PDF HelpersA collection of helpers to extract and convert data from PDF files
PDF helpers allows you to parse and analyses PDF documents. It provides features to extract raw data and interactive input fields and convert them to JSON object.
When the a PDF connector step is selected, in the properties panel on the right you will notice that no authentication is necessary. This is because it does not need to authenticate with an outside API service.
- Convert PDF to JSON
Please see the Full Operations Reference at the end of this page for details on all available operations for this connector.
Note on Operations Usage
This example will demonstrate how to upload PDF file a using 'Google Drive' and convert file content to JSON format.
The steps will be as follows:
- Setup using a manual trigger and Google Drive connector
- Get List fils from Google Drive account
- Download PDF File to parse
- Convert chosen file to JSON
The final outcome should look like this:
1 - Setup trigger & Google Drive connector
Once you have clicked 'Create new workflow' on your main Tray.io dashboard (and named said new workflow), select the Manual trigger from the trigger options available
Once you have been redirected to the Tray.io workflow dashboard, from the connectors panel on the left, add a Google Drive connector to your second step. Set the operation to 'List files'.
2 - Get List fils from Google Drive account
You will receive a paginated list of files available on your Google Drive. Find the one you want to convert. You can filter the results by name and folder
3 - Download PDF File to parse
From the connectors panel on the left, add a Google Drive connector to your third step. Set the operation to 'Download file'. This operation requires File ID as an input parameter. You can copy ID from the 'List files' step or you can use the $.steps.drive-1.files.id to pull it from the first Google drive step.

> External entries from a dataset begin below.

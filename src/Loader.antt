-- ===== src/Loader.antt =====
-- init/bootloader/loader.c: the loader's reads of the disk. `disk` is the disk, byte by byte, `status` is
-- what the status register gives at each read of it, and `reads` counts those reads. The drive gives the
-- sector that its registers name. An address is below 2 ^ 32.
pub mod Segment
mod Tests
use linda.Base.{
  ℕ, zero, suc, ◌+◌, ◌-◌, ◌*◌, ◌/◌, ◌%◌, ◌^◌, true, false, List, [], ◌∷◌, ◌&&◌, Outcome, ok, hang,
  ◌>>=◌, ◌==◌, ltb, leb, if◌then◌else◌,
}
use Prim.Native.Nat.{bit_or}
use linda.Mach.{add32, sub32}
use linda.Drivers.Ide.{Io, outb}
use linda.Drivers.Ide.Command.{lba}

abbrev pub sector_size : ℕ
sector_size = 512

pub record Boot : Type 0 where
  pub mem : ℕ → ℕ
  pub outs : List Io
  pub reads : ℕ

-- `while((inb(0x01F7) & 0xC0) != 0x40);` on fuel: the next read
unfoldable pub wait_disk : ℕ → (ℕ → ℕ) → ℕ → Outcome ℕ
wait_disk zero status reads = hang
wait_disk (suc fuel) status reads =
    let rest = wait_disk fuel status (suc reads) in
    if status reads / 64 % 4 == 1 then ok (suc reads) else rest

-- The ports for a read of `count` sectors from the sector `offset` on.
unfoldable pub select : ℕ → ℕ → List Io → List Io
select offset count outs = outb 0x1F7 0x20 (
    outb 0x1F6 (bit_or (offset / 2 ^ 24) 0xE0) (
      outb 0x1F5 (offset / 2 ^ 16 % 256)
        (outb 0x1F4 (offset / 2 ^ 8 % 256) (outb 0x1F3 (offset % 256) (outb 0x1F2 count outs)))))

-- `insl(0x01F0, dst, SECTOR_SIZE/4)`
abbrev pub take_sector : (ℕ → ℕ) → ℕ → ℕ → (ℕ → ℕ) → ℕ → ℕ
take_sector disk sector dst mem a =
    if leb dst a && ltb a (dst + sector_size)
    then disk (sector * sector_size + (a - dst))
    else mem a

-- Only one sector is taken, whatever `count` is.
unfoldable pub read_sectors : ℕ → (ℕ → ℕ) → (ℕ → ℕ) → ℕ → ℕ → ℕ → Boot → Outcome Boot
read_sectors fuel status disk dst offset count s = wait_disk fuel status s.reads >>= λ reads.
    wait_disk fuel status reads >>= λ reads'. ok (record {
      mem = take_sector disk (lba (select offset count s.outs)) dst s.mem;
      outs = select offset count s.outs;
      reads = reads';
    })

-- The loop of read_segment, on fuel; each wait for the drive has `wait_fuel`.
unfoldable pub read_from : ℕ → ℕ → (ℕ → ℕ) → (ℕ → ℕ) → ℕ → ℕ → ℕ → Boot → Outcome Boot
read_from zero wait_fuel status disk start_addr end_addr sectpos s = hang
read_from (suc fuel) wait_fuel status disk start_addr end_addr sectpos s =
    let rest = read_sectors wait_fuel status disk start_addr sectpos 1 s >>= λ s'.
    read_from fuel wait_fuel status disk (add32 start_addr sector_size) end_addr (add32 sectpos 1)
      s' in
    if ltb start_addr end_addr then rest else ok s

unfoldable pub read_segment : ℕ → ℕ → (ℕ → ℕ) → (ℕ → ℕ) → ℕ → ℕ → ℕ → Boot → Outcome Boot
unfolding read_from
read_segment fuel wait_fuel status disk dst length offset s =
    read_from fuel wait_fuel status disk (sub32 dst (offset % sector_size)) (add32 dst length)
      (offset / sector_size + 1) s

-- loader_start reads the first page of the kernel's file, and no more.
unfoldable pub loader_start : ℕ → ℕ → (ℕ → ℕ) → (ℕ → ℕ) → Boot → Outcome Boot
unfolding read_segment
loader_start fuel wait_fuel status disk s =
    read_segment fuel wait_fuel status disk 0x1_0000 4096 0 s
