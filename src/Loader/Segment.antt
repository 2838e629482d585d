-- ===== src/Loader/Segment.antt =====
-- The bytes that read_segment (init/bootloader/loader.c) brings into memory.
use linda.Base.{ℕ, ◌+◌, ◌-◌, ◌*◌, ◌/◌, ◌%◌, ◌<◌, ◌≡◌, Bool, ◌&&◌, ◌==◌, ltb, leb, if◌then◌else◌}
use Prim.Native.Nat.{bit_or}
use linda.Loader.{sector_size}

-- From every read on the drive becomes ready within `fuel` reads.
abbrev pub IsLive : ℕ → (ℕ → ℕ) → Type 0
IsLive fuel status = (n : ℕ) → (i : ℕ) × (i < fuel) × (status (n + i) / 64 % 4 ≡ 1)

-- The four parts of a sector number name that sector.
head_parts : ℕ → Bool
head_parts h = bit_or h 0xE0 % 256 % 16 == h

-- `n` sectors from `sectpos` on, at `start`.
abbrev pub loaded : (ℕ → ℕ) → ℕ → ℕ → ℕ → (ℕ → ℕ) → ℕ → ℕ
loaded disk n sectpos start mem a =
    if leb start a && ltb a (start + n * sector_size)
    then disk (sectpos * sector_size + (a - start))
    else mem a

4. Convert chosen file to PDF
Find 'PDF helpers' connector in the 'Helpers' section of the panel and add it to your forth step. Choose 'Convert PDF to JSON' operation. To set the connector downloaded we use the $.steps.drive-2.file jsonpath to pull it from 'Download file' step. Set the operation to 'Convert PDF to JSON'. 'Include raw tetx content' checkbox will include all non-interactive text content from te initial PDF file.
Click 'Run workflow' to see your result and go to the debug tab to see the result
Let's break down our result output:
document_title - The title from the original PDF document
interactive_form_fields - The user input from the ordinal document (forms, dropdowns etc)
raw_text_content - Everything but user input from the original document, deviled by new lines
Congratulations! You just created a fully functional workflow.